Rupture of the round or oval windows creates a perilymphatic fistula (PLF), which can cause sensorineural hearing loss (SNHL), vertigo and tinnitus. Two mechanisms have been postulated (Figure 2).13,14


AJGP-08-2020-Clinical-Nofz-Diving-Related-Otological-Injuries-Fig-2.jpg
 

Figure 2. Inner ear barotrauma. Click here to enlarge
A. The inner ear at sea level; B. The inner ear during descent with blocked eustachian tube; C. Mechanism 1 suggests a forced Valsalva manoeuvre against a blocked eustachian tube with sudden opening and rush of air into the middle ear. This pressure can cause stapes footplate dislocation and implosion of the oval or round window; D. Mechanism 2 suggests a forced Valsalva manoeuvre against a blocked eustachian tube with increased cerebrospinal fluid pressures transmitted through the cochlear aqueduct and otic fluids leading to round window explosion.


Patients may present with an unsteady gait and ear examination findings similar to MEB, though the ear can also appear completely normal. Tuning fork assessment can be unreliable, thus formal audiometry is required. Fistula testing by applying abrupt tragal pressure to the affected ear or air insufflation by pneumatic otoscopy will elicit nystagmus if positive. However, a negative fistula sign does not exclude PLF.15

Management for PLF is initially conservative with strict bed rest, head elevation, high-dose oral steroids, stool softeners, anti-emetic medications and avoidance of straining.16 Audiometry should be performed daily to monitor for improvement. Progressive SNHL or worsening vestibular function should prompt urgent referral to an ear, nose and throat (ENT) surgeon for surgical repair, which should ideally be performed within 10 days of injury.17 Divers should undergo a fitness to dive assessment by an otolaryngologist or dive medicine physician prior to recommencing diving.8

Inner ear decompression sickness

Two main theories exist for inner ear DCS. The first is formation of inert gas bubbles within the microvasculature or otic fluids of the vestibulocochlear apparatus on ascent. The second is arterial gas emboli shunted from the venous system (ie patent foramen ovale).11,13,18 Patients commonly present with vertigo, nausea and vomiting, although hearing loss and other central nervous system symptoms frequently occur.19 Examination usually reveals a normal external canal and tympanic membrane. Tuning forks may reveal SNHL, and nystagmus is usually present.

It is important for inner ear DCS to be differentiated from inner ear barotrauma as treatment is markedly different (Table 2).20 Treatment of inner ear DCS includes early recompression with hyperbaric oxygen, preferably within five hours of symptom onset. In the general practice setting, it is recommended that administration of 100% oxygen and intravenous saline or oral fluids be provided. Urgent referral to the nearest centre with a hyperbaric chamber is critical to long-term prognosis.4

If there is doubt regarding whether the diagnosis is inner ear barotrauma or DCS, patients should be treated for DCS as it is more severe and can lead to persistent vertigo and ataxia.

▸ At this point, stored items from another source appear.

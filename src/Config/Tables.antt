-- ===== src/Config/Tables.antt =====
-- src/ft_system/common/config.py: the tables of servers, clients and detectors.
use Prim.Native.String.{◌++◌}
use fall2026_18749_project.Prelude.{String, not, List, [], ◌∷◌, Table, put, nat_eq}
use fall2026_18749_project.Value.{
  ℤ, pos, Float, finite, Value, float, list, dict, Items, nil, cons, Fields, empty, entry,
}
use fall2026_18749_project.Result.{Result, ok, err, config_error, guard, ◌>>=◌, ◌>>◌}
use fall2026_18749_project.StateMachine.{distinct}
use fall2026_18749_project.Config.{
  ServerConfig, ClientConfig, LfdConfig, section, non_empty_string, port_of, positive_number,
  required, get_default, leb_float,
}

-- `isinstance(raw, Mapping)`
unfoldable pub table_of : Value → String → Result Fields
table_of (dict m) component = ok m
table_of _ component = err (config_error (component ++ " must be a table"))

-- The body of the loop of `_parse_servers`.
unfoldable pub parse_server : String → Value → Result ServerConfig
parse_server key raw = do
  replica_id ← non_empty_string (Value.str key) "replica_id"
  let component = "server " ++ replica_id
  table ← table_of raw component
  client_value ← required table "client_port" component
  client_port ← port_of client_value "client_port"
  heartbeat_value ← required table "heartbeat_port" component
  heartbeat_port ← port_of heartbeat_value "heartbeat_port"
  guard (not (nat_eq client_port heartbeat_port))
      (config_error "client_port and heartbeat_port must be distinct")
  bind_value ← required table "bind_host" component
  bind_host ← non_empty_string bind_value "bind_host"
  advertised_value ← required table "advertised_host" component
  advertised_host ← non_empty_string advertised_value "advertised_host"
  ok (record {
    replica_id = replica_id;
    bind_host = bind_host;
    advertised_host = advertised_host;
    client_port = client_port;
    heartbeat_port = heartbeat_port;
  })

unfoldable pub strings_of : Items → String → Result (List String)
strings_of nil field = ok []
strings_of (cons v vs) field = do
  s ← non_empty_string v field
  rest ← strings_of vs field
  ok (s ∷ rest)

-- `_server_ids`
unfoldable pub server_ids_of : Value → String → Result (List String)
server_ids_of (list (cons v vs)) client_id = do
  ids ← strings_of (cons v vs) ("client " ++ client_id ++ " server_ids")
  guard (distinct ids) (config_error ("client " ++ client_id ++ " server_ids must be unique"))
  ok ids
server_ids_of _ client_id =
    err (config_error ("client " ++ client_id ++ " server_ids must be a non-empty list"))

-- The body of the loop of `_parse_clients`.
unfoldable pub parse_client : (ℤ → Result Float) → String → Value → Result ClientConfig
parse_client to_float key raw = do
  client_id ← non_empty_string (Value.str key) "client_id"
  let component = "client " ++ client_id
  table ← table_of raw component
  ids_value ← required table "server_ids" component
  server_ids ← server_ids_of ids_value client_id
  connect_value ← required table "connect_timeout" component
  connect_timeout ← positive_number to_float connect_value "connect_timeout"
  read_value ← required table "read_timeout" component
  read_timeout ← positive_number to_float read_value "read_timeout"
  ok (record {
    client_id = client_id;
    server_ids = server_ids;
    connect_timeout = connect_timeout;
    read_timeout = read_timeout;
  })

-- The body of the loop of `_parse_lfds`; 0.5 and 5.0 are the defaults.
unfoldable pub parse_lfd : (ℤ → Result Float) → String → Value → Result LfdConfig
parse_lfd to_float key raw = do
  lfd_id ← non_empty_string (Value.str key) "lfd_id"
  let component = "LFD " ++ lfd_id
  table ← table_of raw component
  initial_backoff ←
      positive_number to_float (get_default table "initial_backoff" (float (finite (pos 1) 1)))
        "initial_backoff"
  max_backoff ←
      positive_number to_float (get_default table "max_backoff" (float (finite (pos 5) 0)))
        "max_backoff"
  guard (leb_float initial_backoff max_backoff)
      (config_error "initial_backoff must not exceed max_backoff")
  server_value ← required table "server_id" component
  server_id ← non_empty_string server_value "server_id"
  freq_value ← required table "heartbeat_freq" component
  heartbeat_freq ← positive_number to_float freq_value "heartbeat_freq"
  connect_value ← required table "connect_timeout" component
  connect_timeout ← positive_number to_float connect_value "connect_timeout"
  read_value ← required table "read_timeout" component
  read_timeout ← positive_number to_float read_value "read_timeout"
  ok (record {
    lfd_id = lfd_id;
    server_id = server_id;
    heartbeat_freq = heartbeat_freq;
    connect_timeout = connect_timeout;
    read_timeout = read_timeout;
    initial_backoff = initial_backoff;
    max_backoff = max_backoff;
  })

-- The loop of the three parsers: `parse` is its body, `d` the dict it fills.
unfoldable pub parse_all :
    {A : Type 0} → (String → Value → Result A) → Fields → Table A → Result (Table A)
parse_all parse empty d = ok d
parse_all parse (entry k raw rest) d = parse k raw >>= λ a. parse_all parse rest (put d k a)

unfoldable pub parse_servers : Fields → Result (Table ServerConfig)
parse_servers document = section document "server" >>= λ m. parse_all parse_server m []

unfoldable pub parse_clients : (ℤ → Result Float) → Fields → Result (Table ClientConfig)
parse_clients to_float document =
    section document "client" >>= λ m. parse_all (parse_client to_float) m []

unfoldable pub parse_lfds : (ℤ → Result Float) → Fields → Result (Table LfdConfig)
parse_lfds to_float document = section document "lfd" >>= λ m. parse_all (parse_lfd to_float) m []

Table 2. Characteristic features differentiating inner ear barotrauma and inner ear decompression sickness
Inner ear barotrauma Inner ear decompression sickness
Conductive or mixed hearing loss Sensorineural hearing loss
Descent or ascent Ascent
Cochlear symptoms (ie hearing loss predominates) Vestibular symptoms predominant; right sided
History of forced or difficult Valsalva manoeuvre Not associated with a history of eustachian tube dysfunction
Low-risk dive profile Dive profile >15 m, technical diving (helium mixtures), multiple dives over a short period
Isolated inner ear symptoms Other neurological/dermatological manifestations

Prevention and fitness to dive

Adequate ventilation of the middle ear is essential to the prevention of otological injury. Divers with conditions predisposing them to ETD should avoid diving, and those who are unable to autoinsufflate the ear underwater should immediately abort the dive. Controlling the rate of ascent and taking decompression stops will reduce the risk of DCS. To avoid nitrogen excess, flying is also not recommended within 24 hours following diving.13 The use of oral or topical decongestants is discouraged to treat ETD or sinusitis prior to diving as their effects may wear off while underwater, leaving the diver in danger.13

Fitness to return to diving depends on residual symptoms and ongoing pathology. Persisting neurology, especially affecting the vestibular system, is associated with high risk. An estimated 90% of patients with previous diving-related vestibular dysfunction have ongoing long-term deficits necessitating thorough assessment prior to continuing scuba diving.18 Some authors recommend full vestibulocochlear assessment and exclusion of a right-to-left vascular shunt in those who have previously had inner ear DCS.6,18

Return to diving is possible following otological surgery. Divers should wait three months following tympanoplasty, with diving permissible once the tympanic membrane has healed and function returned.21 Limited evidence exists for return to diving following stapes surgery or canal wall down mastoidectomy and while some authors do advocate this,22,23 in our opinion, the potential lethal risks of experiencing vertigo and vomiting underwater far outweigh any benefits. We recommend that each patient undergoes a full assessment by an otolaryngologist and return to diving is judged on a case-by-case basis and any recommendations are clearly documented.

Conclusion

Patients may present to the GP with a number of injuries related to scuba diving. The ability of the GP to understand the physiology, recognise pathologies and initiate management can greatly influence the patient’s long-term outcomes and recovery. Furthermore, fitness to dive certifications for people with a history of ENT conditions and those who have previously had a dive-related injury are mandatory in Australia.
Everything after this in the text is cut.